[Stored data entries]
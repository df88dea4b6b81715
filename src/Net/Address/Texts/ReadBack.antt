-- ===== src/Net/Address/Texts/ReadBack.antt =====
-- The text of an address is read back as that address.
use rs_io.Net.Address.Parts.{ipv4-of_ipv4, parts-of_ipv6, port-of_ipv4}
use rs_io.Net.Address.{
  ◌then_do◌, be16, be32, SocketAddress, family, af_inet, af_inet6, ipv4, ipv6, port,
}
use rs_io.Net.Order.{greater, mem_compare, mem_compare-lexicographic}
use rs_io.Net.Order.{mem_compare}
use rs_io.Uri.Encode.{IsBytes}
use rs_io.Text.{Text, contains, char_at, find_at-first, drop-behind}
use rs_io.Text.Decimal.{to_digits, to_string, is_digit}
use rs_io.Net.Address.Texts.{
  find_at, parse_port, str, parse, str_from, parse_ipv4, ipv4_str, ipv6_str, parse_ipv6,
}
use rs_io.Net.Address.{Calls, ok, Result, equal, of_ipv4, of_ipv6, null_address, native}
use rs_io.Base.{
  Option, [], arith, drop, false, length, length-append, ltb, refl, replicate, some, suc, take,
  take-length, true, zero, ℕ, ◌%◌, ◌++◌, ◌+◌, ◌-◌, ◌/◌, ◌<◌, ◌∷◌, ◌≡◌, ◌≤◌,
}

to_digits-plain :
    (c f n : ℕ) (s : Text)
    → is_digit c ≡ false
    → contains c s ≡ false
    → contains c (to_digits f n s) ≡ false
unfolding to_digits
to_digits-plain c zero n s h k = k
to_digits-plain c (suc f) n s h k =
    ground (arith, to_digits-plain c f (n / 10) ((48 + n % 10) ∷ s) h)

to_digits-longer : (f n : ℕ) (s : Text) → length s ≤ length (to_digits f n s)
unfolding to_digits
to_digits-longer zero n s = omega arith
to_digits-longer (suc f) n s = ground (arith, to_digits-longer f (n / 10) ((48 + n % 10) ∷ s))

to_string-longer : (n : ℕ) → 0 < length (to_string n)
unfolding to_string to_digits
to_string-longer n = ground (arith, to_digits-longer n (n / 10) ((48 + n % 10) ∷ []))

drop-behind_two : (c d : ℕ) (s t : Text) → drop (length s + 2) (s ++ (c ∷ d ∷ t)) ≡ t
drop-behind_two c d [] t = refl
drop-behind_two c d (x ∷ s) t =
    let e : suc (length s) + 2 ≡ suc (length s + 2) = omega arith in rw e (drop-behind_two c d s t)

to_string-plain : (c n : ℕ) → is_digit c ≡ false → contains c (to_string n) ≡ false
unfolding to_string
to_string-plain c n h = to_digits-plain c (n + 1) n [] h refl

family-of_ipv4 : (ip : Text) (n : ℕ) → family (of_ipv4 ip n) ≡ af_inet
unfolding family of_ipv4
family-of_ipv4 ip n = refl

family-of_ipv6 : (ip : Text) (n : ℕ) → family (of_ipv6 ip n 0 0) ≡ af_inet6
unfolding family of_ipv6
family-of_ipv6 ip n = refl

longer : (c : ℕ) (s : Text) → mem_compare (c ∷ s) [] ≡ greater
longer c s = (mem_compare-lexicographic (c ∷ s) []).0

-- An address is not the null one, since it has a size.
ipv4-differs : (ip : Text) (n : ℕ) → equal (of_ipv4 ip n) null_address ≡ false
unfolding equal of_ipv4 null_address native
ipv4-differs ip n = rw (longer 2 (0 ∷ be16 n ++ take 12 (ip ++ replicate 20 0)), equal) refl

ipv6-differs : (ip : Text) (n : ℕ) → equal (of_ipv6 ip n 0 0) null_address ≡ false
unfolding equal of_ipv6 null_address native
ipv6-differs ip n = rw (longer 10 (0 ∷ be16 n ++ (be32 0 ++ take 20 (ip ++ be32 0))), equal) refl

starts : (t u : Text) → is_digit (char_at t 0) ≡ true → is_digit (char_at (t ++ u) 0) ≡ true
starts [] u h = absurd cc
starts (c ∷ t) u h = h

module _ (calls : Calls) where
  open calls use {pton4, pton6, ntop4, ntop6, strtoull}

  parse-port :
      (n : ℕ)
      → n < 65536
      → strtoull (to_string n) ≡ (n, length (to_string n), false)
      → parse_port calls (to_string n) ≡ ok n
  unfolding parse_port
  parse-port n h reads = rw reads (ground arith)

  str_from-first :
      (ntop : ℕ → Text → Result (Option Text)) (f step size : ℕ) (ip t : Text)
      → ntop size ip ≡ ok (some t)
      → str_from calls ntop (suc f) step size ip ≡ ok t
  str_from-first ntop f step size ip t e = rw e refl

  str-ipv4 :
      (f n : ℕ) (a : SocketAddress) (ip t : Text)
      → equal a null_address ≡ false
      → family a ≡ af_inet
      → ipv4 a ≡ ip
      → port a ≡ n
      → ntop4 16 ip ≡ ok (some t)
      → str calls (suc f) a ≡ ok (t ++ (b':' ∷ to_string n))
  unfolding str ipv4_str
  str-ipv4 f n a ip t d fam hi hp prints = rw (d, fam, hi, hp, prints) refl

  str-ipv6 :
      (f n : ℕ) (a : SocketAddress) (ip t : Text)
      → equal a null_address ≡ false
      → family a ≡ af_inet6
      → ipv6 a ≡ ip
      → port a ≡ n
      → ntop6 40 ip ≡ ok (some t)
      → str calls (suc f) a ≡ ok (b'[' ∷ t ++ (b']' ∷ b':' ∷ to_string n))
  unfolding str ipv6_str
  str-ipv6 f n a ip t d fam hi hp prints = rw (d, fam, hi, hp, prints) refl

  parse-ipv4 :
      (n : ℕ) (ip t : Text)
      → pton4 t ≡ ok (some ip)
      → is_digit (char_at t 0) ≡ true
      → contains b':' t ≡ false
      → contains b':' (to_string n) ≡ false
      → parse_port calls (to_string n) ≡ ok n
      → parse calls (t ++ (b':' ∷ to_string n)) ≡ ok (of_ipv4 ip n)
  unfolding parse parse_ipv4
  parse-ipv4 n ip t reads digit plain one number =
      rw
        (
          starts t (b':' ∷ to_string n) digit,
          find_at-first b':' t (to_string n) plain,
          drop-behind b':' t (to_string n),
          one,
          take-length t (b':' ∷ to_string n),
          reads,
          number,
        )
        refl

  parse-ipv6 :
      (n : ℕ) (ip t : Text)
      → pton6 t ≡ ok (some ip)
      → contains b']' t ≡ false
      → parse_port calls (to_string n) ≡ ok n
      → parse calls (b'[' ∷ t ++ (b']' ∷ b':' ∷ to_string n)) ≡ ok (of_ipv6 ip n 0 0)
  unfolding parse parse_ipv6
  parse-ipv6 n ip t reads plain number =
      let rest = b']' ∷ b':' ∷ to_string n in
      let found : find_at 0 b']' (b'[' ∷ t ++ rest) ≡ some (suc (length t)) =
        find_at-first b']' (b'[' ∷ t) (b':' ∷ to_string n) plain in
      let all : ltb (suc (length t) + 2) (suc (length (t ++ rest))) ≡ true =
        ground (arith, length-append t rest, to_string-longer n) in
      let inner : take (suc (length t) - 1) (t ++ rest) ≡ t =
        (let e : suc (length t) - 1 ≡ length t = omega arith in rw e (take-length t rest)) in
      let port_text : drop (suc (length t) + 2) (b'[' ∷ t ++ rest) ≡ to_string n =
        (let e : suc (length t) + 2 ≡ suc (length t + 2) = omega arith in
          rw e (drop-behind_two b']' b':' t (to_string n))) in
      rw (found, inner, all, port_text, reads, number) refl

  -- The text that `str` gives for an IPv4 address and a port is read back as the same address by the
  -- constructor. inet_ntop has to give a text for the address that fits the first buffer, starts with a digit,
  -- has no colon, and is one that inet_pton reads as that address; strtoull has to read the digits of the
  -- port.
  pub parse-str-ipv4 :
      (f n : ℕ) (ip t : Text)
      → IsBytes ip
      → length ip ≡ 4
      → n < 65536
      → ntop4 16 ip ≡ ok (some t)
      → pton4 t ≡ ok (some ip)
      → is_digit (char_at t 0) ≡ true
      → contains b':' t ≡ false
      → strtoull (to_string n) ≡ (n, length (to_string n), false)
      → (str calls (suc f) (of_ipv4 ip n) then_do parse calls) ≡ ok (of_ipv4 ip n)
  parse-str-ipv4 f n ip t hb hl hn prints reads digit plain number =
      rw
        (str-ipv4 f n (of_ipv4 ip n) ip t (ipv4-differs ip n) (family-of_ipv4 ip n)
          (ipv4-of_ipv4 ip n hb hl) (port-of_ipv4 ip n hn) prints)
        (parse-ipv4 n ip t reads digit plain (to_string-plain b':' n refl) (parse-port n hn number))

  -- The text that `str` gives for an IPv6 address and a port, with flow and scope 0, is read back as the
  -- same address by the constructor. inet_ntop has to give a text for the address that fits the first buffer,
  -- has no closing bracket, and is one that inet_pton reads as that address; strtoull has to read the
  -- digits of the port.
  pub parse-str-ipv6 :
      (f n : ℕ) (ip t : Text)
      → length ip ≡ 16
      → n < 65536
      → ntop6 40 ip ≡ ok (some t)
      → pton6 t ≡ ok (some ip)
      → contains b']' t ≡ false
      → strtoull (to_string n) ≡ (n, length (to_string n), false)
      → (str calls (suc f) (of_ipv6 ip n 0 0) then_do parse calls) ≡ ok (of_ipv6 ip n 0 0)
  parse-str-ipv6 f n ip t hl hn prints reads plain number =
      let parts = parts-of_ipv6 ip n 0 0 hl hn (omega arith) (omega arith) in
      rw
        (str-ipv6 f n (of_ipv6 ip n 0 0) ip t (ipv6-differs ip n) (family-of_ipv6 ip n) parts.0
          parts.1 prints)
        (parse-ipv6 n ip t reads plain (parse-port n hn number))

*Work to be completed*. The lines to output run from the one containing "parse-str-ipv6 f n" to the last line of the entries; give them back exactly.

*The answer*.
  parse-str-ipv6 f n ip t hl hn prints reads plain number =
      let parts = parts-of_ipv6 ip n 0 0 hl hn (omega arith) (omega arith) in
      rw
        (str-ipv6 f n (of_ipv6 ip n 0 0) ip t (ipv6-differs ip n) (family-of_ipv6 ip n) parts.0
          parts.1 prints)
        (parse-ipv6 n ip t reads plain (parse-port n hn number))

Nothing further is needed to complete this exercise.